Ob ein Betriebsübergang vorliegt, ist aufgrund der den betreffenden Vorgang kennzeichnenden tatsächlichen Umstände zu beurteilen, wie etwa der Übernahme der materiellen und immateriellen Aktiva und des Großteils der Belegschaft, des Überganges der Kundschaft, des Grades der Ähnlichkeit zwischen der vor und nach dem Übergang verrichteten Tätigkeit und der Dauer einer eventuellen Einstellung dieser Tätigkeit im Zusammenhang mit dem Übergang (EuGHSlg 1986, 1119). Kein Betriebsübergang liegt vor, wenn lediglich Arbeitnehmer von einem Betrieb zum anderen wechseln, ohne dass gleichzeitig die organisatorische und wirtschaftliche Einheit in die diese arbeitsmäßig eingebunden waren, mitübergeht.

Entscheidungstexte

  • 8 Ob 15/95
    Entscheidungstext OGH 12.10.1995 8 Ob 15/95
    Veröff: SZ 68/187
  • 8 ObA 91/97h
    Entscheidungstext OGH 28.08.1997 8 ObA 91/97h
    Veröff: SZ 70/171
  • 9 ObA 73/97v
    Entscheidungstext OGH 22.10.1997 9 ObA 73/97v
    Vgl auch; Beisatz: Der EuGH stellt sohin primär nicht auf den Übergang einer organisatorischen, sondern (weitergehend) einer wirtschaftlichen Einheit unter Identitätswahrung ab. (T1)
    Veröff: SZ 70/219
  • 9 ObA 55/98y
    Entscheidungstext OGH 10.06.1998 9 ObA 55/98y
    Auch; nur: Ob ein Betriebsübergang vorliegt, ist aufgrund der den betreffenden Vorgang kennzeichnenden tatsächlichen Umstände zu beurteilen, wie etwa der Übernahme der materiellen und immateriellen Aktiva und des Großteils der Belegschaft, des Überganges der Kundschaft, des Grades der Ähnlichkeit zwischen der vor und nach dem Übergang verrichteten Tätigkeit und der Dauer einer eventuellen Einstellung dieser Tätigkeit im Zusammenhang mit dem Übergang. (T2)
    Beis wie T1; Beisatz: Dabei ist im Sinne eines beweglichen Systems eine Gesamtbewertung der einzelnen vorliegenden Tatbestandsmerkmale vorzunehmen, zumal der Betriebsübergang in einem sehr weiten Sinn zu verstehen ist.
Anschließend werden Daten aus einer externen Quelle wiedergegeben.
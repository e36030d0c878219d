-- ===== src/Irc/Answer.antt =====
-- `irc_appcall` of src/uip/irc.c with a PING in the packet.
use fx_ip.Base.{
  List, Mem, [], ap, ap₂, arith, blit, false, length, length-append, min, peek, peek-blit, refl,
  some, suc, take_all, true, zero, ℕ, ◌++◌, ◌+◌, ◌-◌, ◌<◌, ◌==◌, ◌^◌, ◌∙◌, ◌∷◌, ◌≡◌, ◌≢◌, ◌≤◌,
}
use fx_ip.Irc.{Irc, irc_command_ping, irc_parse_line, pong}
use fx_ip.Irc.Client.{
  Client, at_lines, at_message, irc_appcall, irc_send_thread, irc_thread, parse_input, read_line,
  send_step, thread_loop, thread_step,
}
use fx_ip.Irc.Ping.{irc_parse_line-ping, ping_line, rest_of, to_send}
use fx_ip.Irc.Print.{snprintf_peek}
use fx_ip.Irc.Split.{return, newline}
use fx_ip.Irc.Strings.{At, Lacks-append}
use fx_ip.Psock.{
  Buf, Io, Psock, at_start, ended, in_readto, psock_datalen, psock_readto, state_blocked_newdata,
  state_read,
}
use fx_ip.Psock.Line.{Lacks, put_bytes, put_bytes-blit}
use fx_ip.Psock.Reading.{psock_readto_blocks, psock_readto_ends, sock}
use fx_ip.Psock.Sent.{psock_send_lem, sending}

-- a client that waits for lines, and has nothing under way
abbrev pub waiting_client : Psock → Psock → Buf → ℕ → Irc → Client
waiting_client s out b st irc = record {
  connected = true;
  thread_at = at_lines;
  sender_at = at_message;
  psock = sock in_readto s b st;
  psock_out = record out { lc = at_start };
  irc = irc;
}

module _ (behind : ℕ) (s out : Psock) (b : Buf) (st : ℕ) (irc : Irc) (args : List ℕ) (io : Io)
    (idle : st ≢ state_read) (new : io.newdata ≡ true) (arrives : io.appdata ≡ ping_line args)
    (no_nul : Lacks 0 args) (no_newline : Lacks newline args) (short : length args ≤ 248)
    (fits : length (ping_line args) ≤ s.bufsize) (size : s.bufsize < 2 ^ 16)
    (at_buffer : b.ptr ≡ s.bufptr) (all_left : b.left ≡ s.bufsize)
    (fits_segment : length (pong (rest_of args)) ≤ io.mss) where
  line_starts : b ≡ record b { ptr = s.bufptr; left = s.bufsize }
  line_starts = ap₂ (λ x y. record b { ptr = x; left = y }) at_buffer all_left

  -- the line without its end
  abbrev body : List ℕ
  body = irc_command_ping ++ (b' ' ∷ rest_of args)

  body-Lacks : Lacks newline body
  body-Lacks = Lacks-append newline irc_command_ping (b' ' ∷ rest_of args) (omega arith) (
    (λ e. absurd (omega arith)),
    Lacks-append newline args (return ∷ []) no_newline ((λ e. absurd (omega arith)), tt),
  )

  -- the buffer with the line in it
  abbrev filled : Buf
  filled = record {
    cell = blit b.cell s.bufptr (ping_line args);
    ptr = s.bufptr + min s.bufsize (length (ping_line args));
    left = s.bufsize - length (ping_line args);
  }

  filled_lem : put_bytes b (ping_line args) ≡ filled
  filled_lem =
      ap (λ z. put_bytes z (ping_line args)) line_starts
      ∙ put_bytes-blit (record b { ptr = s.bufptr; left = s.bufsize }) (ping_line args)
      ∙ ap
          (λ t. record {
            cell = blit b.cell s.bufptr t;
            ptr = s.bufptr + min s.bufsize (length (ping_line args));
            left = s.bufsize - length (ping_line args);
          })
          (take_all s.bufsize (ping_line args) fits)

  readto :
      psock_readto (sock in_readto s b st) 10 io
      ≡ some (ended, record s { lc = at_start; read = []; buf = filled; state = state_read })
  readto =
      psock_readto_ends 10 s io body [] new arrives body-Lacks size (omega (arith, some_line)) b st
        idle (omega (arith, ap (λ z. z.left) line_starts))
      ∙ ap (λ z. some (ended, record s { lc = at_start; read = []; buf = z; state = state_read }))
          filled_lem
    where
      some_line : 0 < length (ping_line args)
      some_line = omega (arith, length-append {0} body (newline ∷ []))

  abbrev taken : Psock
  taken = record s { lc = at_start; read = []; buf = filled; state = state_read }

  datalen : psock_datalen taken ≡ length (ping_line args)
  unfolding psock_datalen
  datalen = omega (arith, fits, size)

  parsed :
      (m' : Mem) × (irc_parse_line behind s.bufptr
          (psock_datalen taken)
          (record irc { inputbuffer = filled.cell })
        ≡ some (to_send (pong (rest_of args)) (record irc { inputbuffer = m' })))
  parsed =
      let here : At filled.cell s.bufptr (ping_line args) =
        peek-blit b.cell s.bufptr (ping_line args) in
      let (m', e) =
        irc_parse_line-ping behind (record irc { inputbuffer = filled.cell }) s.bufptr args no_nul
          here short in
      (
        m',
        ap (λ n. irc_parse_line behind s.bufptr n (record irc { inputbuffer = filled.cell }))
              datalen
            ∙ e,
      )

  -- the client when it has the answer to send
  abbrev answering : Client
  answering = record {
    connected = true;
    thread_at = at_lines;
    sender_at = at_message;
    psock = record taken { buf = record filled { cell = parsed.0 } };
    psock_out = record out { lc = at_start };
    irc = to_send (pong (rest_of args)) (record irc { inputbuffer = parsed.0 });
  }

  first_step : thread_step behind (waiting_client s out b st irc) io ≡ some (false, answering, io)
  unfolding thread_step read_line parse_input
  first_step = rw (readto, parsed.1, thread_step, read_line, parse_input) refl

  -- and when it waits for the next line
  abbrev blocked : Client
  blocked = record answering {
    psock =
        sock in_readto s (record { cell = parsed.0; ptr = s.bufptr; left = s.bufsize })
          state_blocked_newdata;
  }

  second_step : thread_step behind answering io ≡ some (true, blocked, io)
  unfolding thread_step read_line
  second_step =
      rw
        (
          psock_readto_blocks 10 s (record filled { cell = parsed.0 }) io size,
          thread_step,
          read_line,
        )
        refl

  thread_lem :
      (fuel : ℕ)
      → 1 < fuel
      → thread_loop fuel behind (waiting_client s out b st irc) io ≡ some (blocked, io)
  unfolding thread_loop
  thread_lem zero h = absurd (omega arith)
  thread_lem (suc zero) h = absurd (omega arith)
  thread_lem (suc (suc fuel)) h = rw (first_step, thread_loop) (rw (second_step, thread_loop) refl)

  answer_length : length (pong (rest_of args)) ≡ length args + 6
  answer_length = omega (arith, length-append {0} args (return ∷ []))

  -- the client when the answer is under way
  abbrev under_way : Client
  under_way = record blocked { psock_out = sending out 0 (length (pong (rest_of args))) }

  sends :
      send_step blocked io ≡ some (true, under_way, record io { outgoing = pong (rest_of args) })
  unfolding send_step
  sends =
      let bytes : peek blocked.irc.messagebuffer 0 blocked.irc.messagelength ≡ pong (rest_of args) =
        snprintf_peek irc.messagebuffer (pong (rest_of args)) in
      let n : ℕ = length (pong (rest_of args)) in
      let go =
        (psock_send_lem out 0 n blocked.irc.messagebuffer blocked.irc.messagebuffer 0 0 io io
          (omega (arith, answer_length)) (omega (arith, answer_length, short)) fits_segment
          fits_segment).0 in
      rw (go, send_step) (ap (λ t. some (true, under_way, record io { outgoing = t })) bytes)

  -- A PING that comes in one packet is answered in the same call: for a connected client that
  -- waits at the start of a line, has nothing under way to send and a buffer that the line fits,
  -- and for an argument of at most 248 bytes without NUL and newline, irc_appcall returns, hands
  -- to the stack the bytes PONG with the argument and the carriage return, which fit a segment,
  -- waits for their acknowledgement, with these bytes in messagebuffer, where sendptr points, and
  -- logs nothing.
  pub irc_appcall-ping :
      (c' : Client) × (irc_appcall behind false false false (waiting_client s out b st irc) io
        ≡ some (c', record io { outgoing = pong (rest_of args) }))
      × (c'.irc.log ≡ irc.log)
      × (c'.psock_out ≡ sending out 0 (length (pong (rest_of args))))
      × (peek c'.irc.messagebuffer 0 (length (pong (rest_of args))) ≡ pong (rest_of args))
  unfolding irc_appcall irc_thread irc_send_thread
  irc_appcall-ping =
      let some_message : (blocked.irc.messagelength == 0) ≡ false = ground arith in
      (
        under_way,
        rw
            (
              thread_lem (6 + length {0} {A = ℕ} [] + length io.appdata) (omega arith),
              irc_appcall,
              irc_thread,
            )
            (rw (sends, irc_send_thread) (rw some_message refl)),
        refl,
        refl,
        snprintf_peek irc.messagebuffer (pong (rest_of args)),
      )
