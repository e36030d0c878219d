-- ===== src/Objectlog/Wrapped.antt =====
-- A scatter list whose lengths add up to less than its first entry, modulo 2 ^ 16.
use fx_ip.Base.{arith, false, length, none, refl, suc, zero, ℕ, ◌+◌, ◌<◌, ◌≡◌, ◌≤◌, leb}
use fx_ip.Objectlog.{Writer, at_end, current, fragment_rest, write_len, write_loop, write_step}

rest_le : (w : Writer) → fragment_rest w ≤ w.data_len
rest_le w = ground arith

-- Less is counted than the current entry still has.
pub record IsStuck (w : Writer) : Type 0 where
  pub more : at_end w.sc_list ≡ false
  pub short : w.scatter_entry_offset + w.data_len < length (current w.sc_list)

write_step-IsStuck : (w : Writer) → IsStuck w → IsStuck (write_step w)
unfolding write_step
write_step-IsStuck w h =
    let le : write_len w ≤ w.data_len = omega (arith, rest_le w) in
    let not_done : leb (length (current w.sc_list)) (w.scatter_entry_offset + write_len w) ≡ false =
      ground (arith, h.short) in
    record { more = rw not_done h.more; short = rw not_done (omega (arith, h.short)) }

pub write_loop-IsStuck : (fuel : ℕ) (w : Writer) → IsStuck w → write_loop fuel w ≡ none
unfolding write_loop
write_loop-IsStuck zero w h = refl
write_loop-IsStuck (suc fuel) w h =
    rw (h.more, write_loop) (write_loop-IsStuck fuel (write_step w) (write_step-IsStuck w h))
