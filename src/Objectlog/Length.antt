-- ===== src/Objectlog/Length.antt =====
-- How many bytes an object takes in the log, against the estimate `total_len`.
use fx_ip.Base.{
  List, [], ap, append-nil, ap₂, arith, dec_lt, drop, length, length-append, length-drop,
  length-take, mod_once, mod_small, suc, take, take_all, zero, ℕ, ◌%◌, ◌++◌, ◌+◌, ◌-◌, ◌/◌, ◌<◌,
  ◌^◌, ◌∙◌, ◌∷◌, ◌≡◌, ◌≤◌,
}
use fx_ip.Objectlog.{max_fragment_len, total_len}
use fx_ip.Objectlog.Format.{encode, encode_chunk, encode_filler, encode_start, header, room}
use fx_ip.Objectlog.Scatter.{drop_all}
use fx_ip.Ring.Refine.{mod_shift}

-- the number of fragments that `n` bytes take where none is cut short
abbrev pub fragments : ℕ → ℕ
fragments n = (n + (max_fragment_len - 1)) / max_fragment_len

module _ (size : ℕ) where
  pub header_full : (p n : ℕ) → room size p < n → header size p n ≡ room size p
  header_full p n h = ground arith

  pub header_last : (p n : ℕ) → n ≤ room size p → header size p n ≡ n + 128
  header_last p n h = ground arith

  -- The last fragment holds what is left.
  pub encode_last :
      (p : ℕ) (data' : List ℕ)
      → 1 < size
      → p < size
      → 0 < length data'
      → length data' ≤ room size p
      → encode size 0 p data' ≡ header size p (length data') ∷ data'
  unfolding encode
  encode_last p d h k l a =
      encode_start size p d h l (omega arith)
      ∙ ap (◌∷◌ (header size p (length d))) (
          encode_chunk size (length d) (room size p) ((p + 1) % size) d (omega arith) a
            (omega arith)
          ∙ ap₂
              (λ t u.
                t ++ encode size (room size p - length d) (((p + 1) % size + length d) % size) u)
              (take_all (length d) d (omega arith)) (drop_all (length d) d (omega arith))
          ∙ append-nil d)

  -- A full fragment is followed by another one.
  pub encode_full :
      (p : ℕ) (data' : List ℕ)
      → 1 < size
      → p < size
      → 0 < room size p
      → room size p < length data'
      → encode size 0 p data'
        ≡ room size p
          ∷ (take (room size p) data'
              ++ encode size 0 ((p + suc (room size p)) % size) (drop (room size p) data'))
  encode_full p d h k l a =
      encode_start size p d h (omega arith) (omega arith)
      ∙ ap₂ ◌∷◌ (header_full p (length d) a) (
          encode_chunk size (room size p) (room size p) ((p + 1) % size) d (omega arith)
            (omega arith) (omega arith)
          ∙ ap₂ (λ l' q. take (room size p) d ++ encode size l' q (drop (room size p) d))
              (omega arith) (mod_shift p (room size p) size))

  module _ (p : ℕ) (data' : List ℕ) (h : 1 < size) (k : p < size) where
    pub length_full :
        0 < room size p
        → room size p < length data'
        → length (encode size 0 p data')
          ≡ suc (
              room size p
              + length (encode size 0 ((p + suc (room size p)) % size) (drop (room size p) data')))
    length_full l a =
        ap length (encode_full p data' h k l a)
        ∙ omega (
          arith,
          length-append (take (room size p) data')
              (encode size 0 ((p + suc (room size p)) % size) (drop (room size p) data')),
          length-take (room size p) data',
        )

    pub length_last :
        0 < length data'
        → length data' ≤ room size p
        → length (encode size 0 p data') ≡ suc (length data')
    length_last l a = ap length (encode_last p data' h k l a)

    pub length_filler :
        0 < length data'
        → room size p ≡ 0
        → length (encode size 0 p data') ≡ suc (length (encode size 0 0 data'))
    length_filler l a = ap length (encode_filler size p data' h l a)

  -- Data that fit between `p` and the end of the storage take exactly the estimate.
  length-encode_straight :
      (fuel p : ℕ) (data' : List ℕ)
      → length data' ≤ fuel
      → 1 < size
      → p < size
      → p + length data' + fragments (length data') ≤ size
      → length (encode size 0 p data') ≡ length data' + fragments (length data')
  unfolding encode
  length-encode_straight fuel p [] f h k a = omega arith
  length-encode_straight zero p (x ∷ xs) f h k a = absurd (omega arith)
  length-encode_straight (suc fuel) p (x ∷ xs) f h k a =
      let d : List ℕ = x ∷ xs in
      elim (dec_lt (room size p) (length d)) [
        | yes more ↦
            let n = length-drop (room size p) d in
            let place = mod_small (p + suc (room size p)) size (omega arith) in
            let later =
              length-encode_straight fuel ((p + suc (room size p)) % size) (drop (room size p) d)
                (omega arith) h (omega arith) (omega arith) in
            omega (arith, length_full p d h k (omega arith) more)
        | no one ↦ omega (arith, length_last p d h k (omega arith) (omega arith))
      ]

  -- Where they do not fit there, one header more is enough.
  length-encode-le :
      (fuel p : ℕ) (data' : List ℕ)
      → length data' ≤ fuel
      → 1 < size
      → p < size
      → length data' + fragments (length data') ≤ size
      → length (encode size 0 p data') ≤ suc (length data' + fragments (length data'))
  unfolding encode
  length-encode-le fuel p [] f h k a = omega arith
  length-encode-le zero p (x ∷ xs) f h k a = absurd (omega arith)
  length-encode-le (suc fuel) p (x ∷ xs) f h k a =
      let d : List ℕ = x ∷ xs in
      let n = length-drop (room size p) d in
      elim (dec_lt (room size p) (length d)) [
        | no one ↦ omega (arith, length_last p d h k (omega arith) (omega arith))
        | yes more ↦ elim (dec_lt 0 (room size p)) [
          | no full ↦
              let later =
                length-encode_straight (length d) 0 d (omega arith) h (omega arith) (omega arith) in
              omega (arith, length_filler p d h k (omega arith) (omega arith))
          | yes some_room ↦
              let now = length_full p d h k some_room more in
              elim (dec_lt (p + suc (room size p)) size) [
                | yes inside ↦
                    let place = mod_small (p + suc (room size p)) size inside in
                    let later =
                      length-encode-le fuel ((p + suc (room size p)) % size) (drop (room size p) d)
                        (omega arith) h (omega arith) (omega arith) in
                    omega arith
                | no round ↦
                    let place = mod_once (p + suc (room size p)) size (omega arith) (omega arith) in
                    let later =
                      length-encode_straight fuel ((p + suc (room size p)) % size)
                        (drop (room size p) d) (omega arith) h (omega arith) (omega arith) in
                    omega arith
              ]
        ]
      ]

total_len_round :
    (size p n : ℕ)
    → n + fragments n < 2 ^ 16 - 1
    → size < p + (n + fragments n)
    → total_len size p n ≡ suc (n + fragments n)
total_len_round size p n small h = ground arith

total_len_straight :
    (size p n : ℕ)
    → n + fragments n < 2 ^ 16 - 1
    → p + (n + fragments n) ≤ size
    → total_len size p n ≡ n + fragments n
total_len_straight size p n small h = ground arith

-- The estimate is enough: an object whose length and headers are counted without a wrap takes at most
-- `total_len` bytes, if these are not more than the storage.
pub encode-le-total_len :
    (size p : ℕ) (data' : List ℕ)
    → 1 < size
    → p < size
    → length data' + fragments (length data') < 2 ^ 16 - 1
    → total_len size p (length data') ≤ size
    → length (encode size 0 p data') ≤ total_len size p (length data')
encode-le-total_len size p d h k small a =
    elim (dec_lt size (p + (length d + fragments (length d)))) [
      | yes round ↦
          let t = total_len_round size p (length d) small round in
          omega (arith, length-encode-le size (length d) p d (omega arith) h k (omega arith))
      | no straight ↦
          let t = total_len_straight size p (length d) small (omega arith) in
          omega (arith, length-encode_straight size (length d) p d (omega arith) h k (omega arith))
    ]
Diese sind unter anderem: Übernahme der materiellen und immateriellen Betriebsmittel, des Großteils der Belegschaft, Ähnlichkeit der vor und nach der Übernahme verrichteten Tätigkeit, Übergang der Kundschaft, Fortführung der wirtschaftlichen Einheit, Übertragung einer organisierten Gesamtheit von Personen und Sachen zur Ausübung einer wirtschaftlichen Tätigkeit mit eigener Zielsetzung usw. (T3)
    Veröff: SZ 71/100
  • 9 ObA 193/98t
    Entscheidungstext OGH 07.10.1998 9 ObA 193/98t
    Vgl auch; nur T2; Beis wie T1; Beis wie T3; Beisatz: Die Übernahme nicht aller Arbeitnehmer steht der Annahme eines Betriebsüberganges nicht entgegen. (T4)
    Beisatz: Eine bloß vorübergehende Betriebsunterbrechung durch Renovierungs- und Umbaumaßnahmen steht einem Betriebsübergang nicht entgegen. (T5)
    Beisatz: Ein Betriebsübergang ist auch dann zu bejahen, wenn der übernommene Betrieb im "neuen Betrieb" nur mehr einen Teilbetrieb darstellt. (T6)
    Beisatz: Auch "herabgewirtschaftete" Betriebe sind vom Übergang gemäß § 3 Abs 1 AVRAG nicht ausgeschlossen. (T7)
  • 9 ObA 153/98k
    Entscheidungstext OGH 23.12.1998 9 ObA 153/98k
    Vgl auch; Beisatz: Nach dem neuen Art 1 Abs 1 lit b der Richtlinie 98/50/EG des Rates vom 29. 6. 1998, womit die RL 77/187/EWG geändert wurde, gilt als Übergang im Sinne der Richtlinie der Übergang einer ihre Identität bewahrenden wirtschaftlichen Einheit im Sinne einer organisierten Zusammenfassung von Ressourcen zur Verfolgung einer wirtschaftlichen Haupt- oder Nebentätigkeit. (T8) Veröff: SZ 71/216
  • 9 ObA 140/99z
    Entscheidungstext OGH 29.09.1999 9 ObA 140/99z
    Auch; nur T2; Beisatz: Diese Umstände sind nur Teilaspekte der vorzunehmenden Gesamtbewertung und dürfen deshalb nicht isoliert betrachtet werden. (T9)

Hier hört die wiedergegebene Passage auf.